» **YOUR GOAL**
Word for word, restate the lines of the data from the first through the one containing "pub data Action : Type 0 where", and nothing else.

» **RECORDS FOR THIS EXERCISE**
###

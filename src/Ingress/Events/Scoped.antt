-- ===== src/Ingress/Events/Scoped.antt =====
-- What the subscriptions of api/ingress/events.go may hold.
use far_mail.Base.{
  ℕ, ◌≤◌, ◌≡◌, Bool, true, ◌&&◌, List, [], ◌∷◌, arith, ◌==◌, if_elim, length, map, keep, All,
  All-append, length-append,
}
use far_mail.Ingress.Events.{
  MailboxEvent, Subscription, Hub, channel_size, subscribe, unsubscribe, is_for, has_space, offer,
  publish, take_one, receive_event, without_first,
}

-- At most the channel's size, and events of the mailbox that is subscribed to.
pub record IsScoped (s : Subscription) : Type 0 where
  pub bound : length s.events ≤ channel_size
  pub own : All (λ e. is_for e s ≡ true) s.events

offer-IsScoped : (event : MailboxEvent) (s : Subscription) → IsScoped s → IsScoped (offer event s)
unfolding offer
offer-IsScoped event s h =
    if_elim IsScoped (is_for event s && has_space s) _ _
      (λ sent. record {
        bound = ground (arith, sent, length-append s.events (event ∷ []));
        own =
            All-append (λ e. is_for e s ≡ true) s.events (event ∷ []) h.own
              (ground (arith, sent), tt);
      })
      (λ _. h)

without_first-le : (events : List MailboxEvent) → length (without_first events) ≤ length events
without_first-le [] = omega arith
without_first-le (event ∷ events) = omega arith

without_first-own :
    (s : Subscription) (events : List MailboxEvent)
    → All (λ e. is_for e s ≡ true) events
    → All (λ e. is_for e s ≡ true) (without_first events)
without_first-own s [] h = tt
without_first-own s (event ∷ events) h = h.1

take_one-IsScoped : (s : Subscription) → IsScoped s → IsScoped (take_one s)
unfolding take_one
take_one-IsScoped s h = record {
  bound = omega (arith, h.bound, without_first-le s.events);
  own = without_first-own s s.events h.own;
}

All-map :
    (f : Subscription → Subscription) (ss : List Subscription)
    → ((s : Subscription) → IsScoped s → IsScoped (f s))
    → All IsScoped ss
    → All IsScoped (map f ss)
All-map f [] k h = tt
All-map f (s ∷ ss) k h = (k s h.0, All-map f ss k h.1)

All-keep :
    (p : Subscription → Bool) (ss : List Subscription) → All IsScoped ss → All IsScoped (keep p ss)
All-keep p [] h = tt
All-keep p (s ∷ ss) h =
    if_elim (All IsScoped) (p s) _ _ (λ _. (h.0, All-keep p ss h.1)) (λ _. All-keep p ss h.1)

pub data Action : Type 0 where
  join : ℕ → Action
  leave : ℕ → Action
  arrive : MailboxEvent → Action
  fetch : ℕ → Action

unfoldable pub act : Action → Hub → Hub
act (join mailbox) hub = subscribe mailbox hub
act (leave id) hub = unsubscribe id hub
act (arrive event) hub = publish event hub
act (fetch id) hub = receive_event id hub

-- The actions, the last one first, on no subscription.
unfoldable pub act_all : List Action → Hub
act_all [] = record { subscribers = []; next_subscriber = 0; events_dropped = 0 }
act_all (a ∷ before) = act a (act_all before)

act-IsScoped :
    (a : Action) (hub : Hub) → All IsScoped hub.subscribers → All IsScoped (act a hub).subscribers
unfolding act subscribe unsubscribe publish receive_event
act-IsScoped (join mailbox) hub h =
    All-append IsScoped hub.subscribers _ h (record { bound = omega arith; own = tt }, tt)
act-IsScoped (leave id) hub h = All-keep _ hub.subscribers h
act-IsScoped (arrive event) hub h = All-map (offer event) hub.subscribers (offer-IsScoped event) h
act-IsScoped (fetch id) hub h =
    All-map _ hub.subscribers
      (λ s k. if_elim IsScoped (s.id == id) _ _ (λ _. take_one-IsScoped s k) (λ _. k)) h

-- After any sequence of subscriptions, their ends, arrivals of mail and receives: every subscription
-- buffers at most 16 events, and each of them is of its mailbox, or it is subscribed to all.
pub act_all-IsScoped : (actions : List Action) → All IsScoped (act_all actions).subscribers
unfolding act_all
act_all-IsScoped [] = tt
act_all-IsScoped (a ∷ before) = act-IsScoped a (act_all before) (act_all-IsScoped before)
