-- ===== src/Ingress/Message.antt =====
-- The parsing of a message in api/ingress/mime.go. Go's readers of mail, of MIME and of the two
-- encodings are parameters, as are the width of a rune and the removal of bytes that are not UTF-8.
-- The recursion over nested parts has fuel: none is left over as `none`.
pub mod Bounded
use far_mail.Base.{
  ℕ, zero, suc, ◌+◌, ◌-◌, Bool, true, false, not, ◌&&◌, ◌||◌, List, [], ◌∷◌, ◌++◌, Option, none,
  some, ◌==◌, ltb, leb, if◌then◌else◌, length, take, drop, max,
}
use far_mail.Base.Int.{ℤ, pos_part}
use far_mail.Base.Eq.{bytes_beq}
use far_mail.Text.{Bytes, codes, to_lower, trim_space, has_prefix, contains}
use far_mail.Ingress.Address.{is_empty}

-- parsedMessage
pub record ParsedMessage : Type 0 where
  pub sender : Bytes
  pub subject : Bytes
  pub body_text : Bytes
  pub body_html : Bytes
  pub has_attachments : Bool

pub record MediaType : Type 0 where
  pub media_type : Bytes
  pub boundary : Bytes
  pub name : Bytes

pub record Part : Type 0 where
  pub content_type : Bytes
  pub transfer_encoding : Bytes
  pub disposition : Bytes
  pub body : Bytes

pub record Mail : Type 0 where
  pub subject : Bytes
  pub from : Bytes
  pub content_type : Bytes
  pub transfer_encoding : Bytes
  pub body : Bytes

pub data Encoding : Type 0 where
  base64 quoted_printable : Encoding

-- mail.ReadMessage, WordDecoder.DecodeHeader, mail.ParseAddressList, mime.ParseMediaType, the parts
-- that multipart.Reader gives before its first error, what a decoder gives for a limit, the width of
-- the first rune, and strings.ToValidUTF8 without a replacement.
pub record Library : Type 0 where
  pub read_message : Bytes → Option Mail
  pub decode_header : Bytes → Option Bytes
  pub parse_addresses : Bytes → Option (List Bytes)
  pub parse_media_type : Bytes → Option MediaType
  pub parts : Bytes → Bytes → List Part
  pub decode : Encoding → ℕ → Bytes → Option Bytes
  pub rune_width : Bytes → ℕ
  pub to_valid : Bytes → Bytes

-- `clampStringBytes` and `clampBytesToString`
unfoldable pub clamp_bytes : Library → Bytes → ℕ → Bytes
clamp_bytes lib value max_bytes =
    lib.to_valid
      (if ltb 0 max_bytes && ltb max_bytes (length value) then take max_bytes value else value)

abbrev take_runes : Library → ℕ → Bytes → Bytes
take_runes lib zero s = []
take_runes lib (suc n) [] = []
take_runes lib (suc n) (c ∷ s) =
    let width = max 1 (lib.rune_width (c ∷ s)) in
    take width (c ∷ s) ++ take_runes lib n (drop width (c ∷ s))

-- `clampRunes`, for a limit that is not zero
unfoldable pub clamp_runes : Library → Bytes → ℕ → Bytes
clamp_runes lib value max_runes = take_runes lib max_runes (trim_space value)

-- `appendBody`
unfoldable pub append_body : Library → Bytes → Bytes → ℕ → Bytes
append_body lib target value max_bytes =
    let text = trim_space value in
    let joined = target ++ 10 ∷ [] in
    if is_empty text || leb max_bytes (length target)
    then target
    else (if is_empty target
        then clamp_bytes lib text max_bytes
        else (if leb max_bytes (length joined)
            then joined
            else joined ++ clamp_bytes lib text (max_bytes - length joined)))

abbrev or_body : Bytes → Option Bytes → Bytes
or_body body none = body
or_body body (some decoded) = decoded

-- `decodeTransfer`
unfoldable pub decode_transfer : Library → Bytes → Bytes → ℕ → Bytes
decode_transfer lib body transfer_encoding max_bytes =
    let encoding = to_lower (trim_space transfer_encoding) in
    if bytes_beq encoding (codes "base64")
    then clamp_bytes lib (or_body body (lib.decode base64 (max_bytes + 1) body)) max_bytes
    else (if bytes_beq encoding (codes "quoted-printable")
        then clamp_bytes lib (or_body body (lib.decode quoted_printable (max_bytes + 1) body))
            max_bytes
        else clamp_bytes lib body max_bytes)

-- The media type and the boundary of a part, where one that cannot be read is plain text.
abbrev pub media_of : Library → Bytes → Bytes × Bytes
media_of lib content_type = elim (lib.parse_media_type content_type) [
  | none ↦ (codes "text/plain", [])
  | some m ↦
      if is_empty m.media_type
      then (codes "text/plain", m.boundary)
      else (to_lower m.media_type, m.boundary)
]

abbrev part_name : Library → Bytes → Bytes
part_name lib content_type = elim (lib.parse_media_type content_type) [
  | none ↦ []
  | some m ↦ m.name
]

abbrev is_attachment : Library → Part → Bool
is_attachment lib part =
    let disposition = to_lower (trim_space part.disposition) in
    has_prefix (codes "attachment") disposition
    || not (is_empty (trim_space (part_name lib part.content_type)))
    || contains (codes "filename=") disposition

abbrev pub noted : Library → Part → ParsedMessage → ParsedMessage
noted lib part result = record result {
  has_attachments = result.has_attachments || is_attachment lib part;
}

-- A part that is no multipart
unfoldable pub collect_leaf : Library → Bytes → Bytes → ℕ → ParsedMessage → ParsedMessage
collect_leaf lib media decoded max_bytes result =
    let with_text = record result {
      body_text = append_body lib result.body_text decoded max_bytes;
    } in
    if bytes_beq media (codes "text/plain")
    then with_text
    else (if bytes_beq media (codes "text/html")
        then record result { body_html = append_body lib result.body_html decoded max_bytes }
        else (if is_empty result.body_text
              && not (has_prefix (codes "application/") media)
              && not (has_prefix (codes "image/") media)
            then with_text
            else result))

-- The loop over the parts: it ends early once both bodies are full.
unfoldable pub each_part :
    Library
    → (Part → ParsedMessage → Option ParsedMessage)
    → ℕ
    → List Part
    → ParsedMessage
    → Option ParsedMessage
each_part lib collect max_bytes [] result = some result
each_part lib collect max_bytes (part ∷ parts) result =
    elim (collect part (noted lib part result)) [
      | none ↦ none
      | some next ↦
          if leb max_bytes (length next.body_text) && leb max_bytes (length next.body_html)
          then some next
          else each_part lib collect max_bytes parts next
    ]

-- `collectBodyParts`
unfoldable pub collect_body_parts :
    ℕ → Library → Bytes → Bytes → Bytes → ℕ → ParsedMessage → Option ParsedMessage
collect_body_parts zero lib content_type transfer_encoding body max_bytes result = none
collect_body_parts (suc rounds) lib content_type transfer_encoding body max_bytes result =
    let (media, boundary) = media_of lib content_type in
    let nested =
      each_part lib
        (λ part next.
          collect_body_parts rounds lib part.content_type part.transfer_encoding
            (take (max_bytes + 1) part.body) max_bytes next)
        max_bytes (lib.parts boundary body) result in
    if has_prefix (codes "multipart/") media
    then (if is_empty boundary then some result else nested)
    else some (
        collect_leaf lib media (decode_transfer lib body transfer_encoding max_bytes) max_bytes
          result)

abbrev decoded_or : Library → Bytes → Bytes
decoded_or lib text = or_body text (lib.decode_header text)

abbrev subject_of : Library → Mail → Bytes
subject_of lib m =
    let subject = trim_space m.subject in
    if is_empty subject then [] else clamp_runes lib (decoded_or lib subject) 998

abbrev first_address : Bytes → Option (List Bytes) → Bytes
first_address from none = from
first_address from (some []) = from
first_address from (some (address ∷ others)) = address

abbrev sender_of : Library → Bytes → Mail → Bytes
sender_of lib envelope m =
    let from = decoded_or lib (trim_space m.from) in
    let sender = clamp_runes lib (first_address from (lib.parse_addresses from)) 320 in
    if is_empty (trim_space m.from) || is_empty sender then clamp_runes lib envelope 320 else sender

abbrev pub body_limit : ℤ → ℕ
body_limit max_body_bytes =
    if pos_part max_body_bytes == 0 then 262_144 else pos_part max_body_bytes

-- What is known before the bodies
abbrev pub start : Library → Bytes → Mail → ParsedMessage
start lib envelope_sender m = record {
  sender = sender_of lib envelope_sender m;
  subject = subject_of lib m;
  body_text = [];
  body_html = [];
  has_attachments = false;
}

-- A message without headers that can be read
abbrev pub unreadable : Library → Bytes → Bytes → ℕ → ParsedMessage
unreadable lib raw envelope_sender limit = record {
  sender = clamp_runes lib envelope_sender 320;
  subject = [];
  body_text = clamp_bytes lib raw limit;
  body_html = [];
  has_attachments = false;
}

-- `parseMessage`
unfoldable pub parse_message : Library → Bytes → Bytes → ℤ → Option ParsedMessage
parse_message lib raw envelope_sender max_body_bytes =
    let limit = body_limit max_body_bytes in
    elim (lib.read_message raw) [
      | none ↦ some (unreadable lib raw envelope_sender limit)
      | some m ↦
          let body = take (limit + 1) m.body in
          collect_body_parts (length body + 1) lib m.content_type m.transfer_encoding body limit
            (start lib envelope_sender m)
    ]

###

» **ANSWER SECTION**
filename src/Ingress/Events/Scoped.antt
-- ===== src/Ingress/Events/Scoped.antt =====
-- What the subscriptions of api/ingress/events.go may hold.
use far_mail.Base.{
  ℕ, ◌≤◌, ◌≡◌, Bool, true, ◌&&◌, List, [], ◌∷◌, arith, ◌==◌, if_elim, length, map, keep, All,
  All-append, length-append,
}
use far_mail.Ingress.Events.{
  MailboxEvent, Subscription, Hub, channel_size, subscribe, unsubscribe, is_for, has_space, offer,
  publish, take_one, receive_event, without_first,
}

-- At most the channel's size, and events of the mailbox that is subscribed to.
pub record IsScoped (s : Subscription) : Type 0 where
  pub bound : length s.events ≤ channel_size
  pub own : All (λ e. is_for e s ≡ true) s.events

offer-IsScoped : (event : MailboxEvent) (s : Subscription) → IsScoped s → IsScoped (offer event s)
unfolding offer
offer-IsScoped event s h =
    if_elim IsScoped (is_for event s && has_space s) _ _
      (λ sent. record {
        bound = ground (arith, sent, length-append s.events (event ∷ []));
        own =
            All-append (λ e. is_for e s ≡ true) s.events (event ∷ []) h.own
              (ground (arith, sent), tt);
      })
      (λ _. h)

without_first-le : (events : List MailboxEvent) → length (without_first events) ≤ length events
without_first-le [] = omega arith
without_first-le (event ∷ events) = omega arith

without_first-own :
    (s : Subscription) (events : List MailboxEvent)
    → All (λ e. is_for e s ≡ true) events
    → All (λ e. is_for e s ≡ true) (without_first events)
without_first-own s [] h = tt
without_first-own s (event ∷ events) h = h.1

take_one-IsScoped : (s : Subscription) → IsScoped s → IsScoped (take_one s)
unfolding take_one
take_one-IsScoped s h = record {
  bound = omega (arith, h.bound, without_first-le s.events);
  own = without_first-own s s.events h.own;
}

All-map :
    (f : Subscription → Subscription) (ss : List Subscription)
    → ((s : Subscription) → IsScoped s → IsScoped (f s))
    → All IsScoped ss
    → All IsScoped (map f ss)
All-map f [] k h = tt
All-map f (s ∷ ss) k h = (k s h.0, All-map f ss k h.1)

All-keep :
    (p : Subscription → Bool) (ss : List Subscription) → All IsScoped ss → All IsScoped (keep p ss)
All-keep p [] h = tt
All-keep p (s ∷ ss) h =
    if_elim (All IsScoped) (p s) _ _ (λ _. (h.0, All-keep p ss h.1)) (λ _. All-keep p ss h.1)

pub data Action : Type 0 where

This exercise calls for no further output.